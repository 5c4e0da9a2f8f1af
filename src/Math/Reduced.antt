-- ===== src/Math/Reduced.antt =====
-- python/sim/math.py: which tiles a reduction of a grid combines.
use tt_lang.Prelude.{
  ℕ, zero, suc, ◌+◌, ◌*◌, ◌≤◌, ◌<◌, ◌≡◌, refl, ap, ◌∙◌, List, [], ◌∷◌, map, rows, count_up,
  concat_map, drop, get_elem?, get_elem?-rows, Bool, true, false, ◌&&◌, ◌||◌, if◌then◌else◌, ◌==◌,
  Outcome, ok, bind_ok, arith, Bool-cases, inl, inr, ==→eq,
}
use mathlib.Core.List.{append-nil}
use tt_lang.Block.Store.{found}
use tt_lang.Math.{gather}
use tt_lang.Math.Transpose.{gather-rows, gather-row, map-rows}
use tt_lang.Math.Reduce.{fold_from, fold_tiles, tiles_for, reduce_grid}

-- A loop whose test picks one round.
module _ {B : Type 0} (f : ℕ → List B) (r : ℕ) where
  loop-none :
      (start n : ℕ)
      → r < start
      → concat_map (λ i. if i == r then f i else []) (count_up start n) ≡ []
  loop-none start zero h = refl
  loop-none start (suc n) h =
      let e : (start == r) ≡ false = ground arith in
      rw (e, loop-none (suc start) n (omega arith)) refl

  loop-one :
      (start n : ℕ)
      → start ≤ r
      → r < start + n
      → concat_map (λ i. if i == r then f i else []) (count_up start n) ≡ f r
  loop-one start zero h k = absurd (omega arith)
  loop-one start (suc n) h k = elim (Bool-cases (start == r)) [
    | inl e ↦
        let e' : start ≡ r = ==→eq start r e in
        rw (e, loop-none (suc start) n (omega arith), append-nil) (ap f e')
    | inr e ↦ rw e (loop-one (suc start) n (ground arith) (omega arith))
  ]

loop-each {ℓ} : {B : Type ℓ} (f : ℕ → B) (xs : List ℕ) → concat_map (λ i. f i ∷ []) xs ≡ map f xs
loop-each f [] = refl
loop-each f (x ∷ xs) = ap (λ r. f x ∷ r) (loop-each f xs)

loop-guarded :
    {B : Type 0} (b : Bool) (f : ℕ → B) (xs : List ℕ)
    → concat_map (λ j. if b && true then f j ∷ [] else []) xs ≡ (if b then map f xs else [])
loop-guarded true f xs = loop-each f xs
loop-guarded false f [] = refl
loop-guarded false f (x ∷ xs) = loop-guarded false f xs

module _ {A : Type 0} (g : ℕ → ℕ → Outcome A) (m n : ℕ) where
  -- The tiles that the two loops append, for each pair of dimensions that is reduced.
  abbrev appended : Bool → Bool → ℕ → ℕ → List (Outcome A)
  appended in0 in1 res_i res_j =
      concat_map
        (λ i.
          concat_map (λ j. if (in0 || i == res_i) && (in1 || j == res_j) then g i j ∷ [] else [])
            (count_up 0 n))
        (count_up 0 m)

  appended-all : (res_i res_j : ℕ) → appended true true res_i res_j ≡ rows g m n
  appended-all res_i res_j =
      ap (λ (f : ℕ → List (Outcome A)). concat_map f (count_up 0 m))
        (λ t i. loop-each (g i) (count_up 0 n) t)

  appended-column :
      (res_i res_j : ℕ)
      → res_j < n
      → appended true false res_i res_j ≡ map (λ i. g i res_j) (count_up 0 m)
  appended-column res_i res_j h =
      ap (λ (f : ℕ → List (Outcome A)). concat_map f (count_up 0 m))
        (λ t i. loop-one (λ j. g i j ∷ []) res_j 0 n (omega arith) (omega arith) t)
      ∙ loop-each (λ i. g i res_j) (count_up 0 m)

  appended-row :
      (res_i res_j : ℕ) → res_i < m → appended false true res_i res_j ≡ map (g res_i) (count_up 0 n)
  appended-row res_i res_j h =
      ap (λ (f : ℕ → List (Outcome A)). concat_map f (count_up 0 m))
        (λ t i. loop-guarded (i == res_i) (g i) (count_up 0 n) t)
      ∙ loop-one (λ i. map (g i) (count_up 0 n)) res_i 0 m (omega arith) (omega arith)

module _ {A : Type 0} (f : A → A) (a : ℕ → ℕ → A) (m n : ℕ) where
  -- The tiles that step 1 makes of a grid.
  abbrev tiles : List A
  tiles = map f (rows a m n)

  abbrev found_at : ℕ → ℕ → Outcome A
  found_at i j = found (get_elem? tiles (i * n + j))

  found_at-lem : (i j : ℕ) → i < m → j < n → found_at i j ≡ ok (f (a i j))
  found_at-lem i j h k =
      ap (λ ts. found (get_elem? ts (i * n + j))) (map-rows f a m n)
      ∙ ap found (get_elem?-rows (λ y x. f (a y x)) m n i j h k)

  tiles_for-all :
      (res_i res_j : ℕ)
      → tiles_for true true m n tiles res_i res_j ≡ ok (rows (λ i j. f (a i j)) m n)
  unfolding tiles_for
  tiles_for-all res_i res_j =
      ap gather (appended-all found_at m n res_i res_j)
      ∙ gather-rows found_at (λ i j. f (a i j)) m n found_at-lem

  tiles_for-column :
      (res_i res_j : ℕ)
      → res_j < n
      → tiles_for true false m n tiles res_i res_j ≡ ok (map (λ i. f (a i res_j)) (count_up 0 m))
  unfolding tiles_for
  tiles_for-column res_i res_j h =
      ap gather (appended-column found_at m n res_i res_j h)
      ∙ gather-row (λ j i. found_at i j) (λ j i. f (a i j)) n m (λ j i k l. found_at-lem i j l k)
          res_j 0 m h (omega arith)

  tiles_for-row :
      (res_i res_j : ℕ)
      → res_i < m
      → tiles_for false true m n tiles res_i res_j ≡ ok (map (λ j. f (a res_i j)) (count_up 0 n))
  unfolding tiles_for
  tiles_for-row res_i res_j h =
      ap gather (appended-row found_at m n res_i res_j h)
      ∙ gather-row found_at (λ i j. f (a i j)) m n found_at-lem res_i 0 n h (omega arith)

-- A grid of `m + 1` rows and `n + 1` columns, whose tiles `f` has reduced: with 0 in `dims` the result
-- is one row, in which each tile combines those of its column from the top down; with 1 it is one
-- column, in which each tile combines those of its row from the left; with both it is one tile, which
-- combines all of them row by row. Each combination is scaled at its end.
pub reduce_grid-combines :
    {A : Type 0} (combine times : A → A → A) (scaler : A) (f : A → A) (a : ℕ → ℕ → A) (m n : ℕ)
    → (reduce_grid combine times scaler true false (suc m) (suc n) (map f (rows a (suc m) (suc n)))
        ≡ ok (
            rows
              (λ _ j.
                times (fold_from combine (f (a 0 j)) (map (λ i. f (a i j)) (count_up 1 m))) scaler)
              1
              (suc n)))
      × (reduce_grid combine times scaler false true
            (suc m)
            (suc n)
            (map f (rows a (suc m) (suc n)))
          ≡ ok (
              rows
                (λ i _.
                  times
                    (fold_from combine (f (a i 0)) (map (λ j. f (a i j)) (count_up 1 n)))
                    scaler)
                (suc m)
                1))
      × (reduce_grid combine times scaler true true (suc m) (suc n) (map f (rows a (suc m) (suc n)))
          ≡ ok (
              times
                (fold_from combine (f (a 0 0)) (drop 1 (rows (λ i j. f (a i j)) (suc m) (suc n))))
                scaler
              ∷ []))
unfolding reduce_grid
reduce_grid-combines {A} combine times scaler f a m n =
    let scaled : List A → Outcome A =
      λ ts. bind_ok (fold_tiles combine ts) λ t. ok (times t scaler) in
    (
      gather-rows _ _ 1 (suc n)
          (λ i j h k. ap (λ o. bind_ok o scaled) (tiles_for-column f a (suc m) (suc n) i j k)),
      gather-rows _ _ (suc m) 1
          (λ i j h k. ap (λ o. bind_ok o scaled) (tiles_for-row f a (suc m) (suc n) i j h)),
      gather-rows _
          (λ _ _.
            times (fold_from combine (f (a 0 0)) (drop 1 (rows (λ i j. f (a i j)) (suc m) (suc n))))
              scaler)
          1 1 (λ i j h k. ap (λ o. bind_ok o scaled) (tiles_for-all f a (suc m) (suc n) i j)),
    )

= = = = =

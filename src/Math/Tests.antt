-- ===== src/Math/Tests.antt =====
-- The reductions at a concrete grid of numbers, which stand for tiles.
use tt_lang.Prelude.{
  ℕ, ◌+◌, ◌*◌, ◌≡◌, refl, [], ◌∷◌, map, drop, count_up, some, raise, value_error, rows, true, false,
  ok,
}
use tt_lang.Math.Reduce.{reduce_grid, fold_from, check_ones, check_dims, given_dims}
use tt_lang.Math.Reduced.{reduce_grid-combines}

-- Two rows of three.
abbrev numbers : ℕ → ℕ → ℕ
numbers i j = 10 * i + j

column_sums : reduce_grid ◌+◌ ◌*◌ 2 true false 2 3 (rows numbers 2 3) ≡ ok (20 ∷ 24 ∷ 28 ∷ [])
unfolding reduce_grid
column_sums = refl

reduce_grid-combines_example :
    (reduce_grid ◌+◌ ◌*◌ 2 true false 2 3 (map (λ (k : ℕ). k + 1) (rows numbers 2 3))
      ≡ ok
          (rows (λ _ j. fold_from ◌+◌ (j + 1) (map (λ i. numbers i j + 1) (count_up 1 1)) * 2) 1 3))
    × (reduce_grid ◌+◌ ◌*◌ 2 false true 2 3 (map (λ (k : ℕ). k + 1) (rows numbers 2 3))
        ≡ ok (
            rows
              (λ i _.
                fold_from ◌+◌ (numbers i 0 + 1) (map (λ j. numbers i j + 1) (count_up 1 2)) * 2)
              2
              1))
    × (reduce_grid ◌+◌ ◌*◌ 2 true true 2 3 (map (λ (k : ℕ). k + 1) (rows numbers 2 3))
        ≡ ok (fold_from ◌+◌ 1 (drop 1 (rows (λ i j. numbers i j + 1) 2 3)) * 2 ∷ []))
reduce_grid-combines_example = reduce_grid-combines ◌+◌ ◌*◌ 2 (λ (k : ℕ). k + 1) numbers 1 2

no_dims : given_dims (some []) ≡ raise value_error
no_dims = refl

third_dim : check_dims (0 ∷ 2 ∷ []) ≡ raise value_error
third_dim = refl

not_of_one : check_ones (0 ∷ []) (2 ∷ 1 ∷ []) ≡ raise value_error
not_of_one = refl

= = = = =

● What you are asked to do
Print, without alteration, only the lines above between the one holding "loop-guarded true f xs = loop-each f xs" and the one holding "abbrev appended : Bool", inclusive.

● Response for this exercise
loop-guarded true f xs = loop-each f xs
loop-guarded false f [] = refl
loop-guarded false f (x ∷ xs) = loop-guarded false f xs

module _ {A : Type 0} (g : ℕ → ℕ → Outcome A) (m n : ℕ) where
  -- The tiles that the two loops append, for each pair of dimensions that is reduced.
  abbrev appended : Bool → Bool → ℕ → ℕ → List (Outcome A)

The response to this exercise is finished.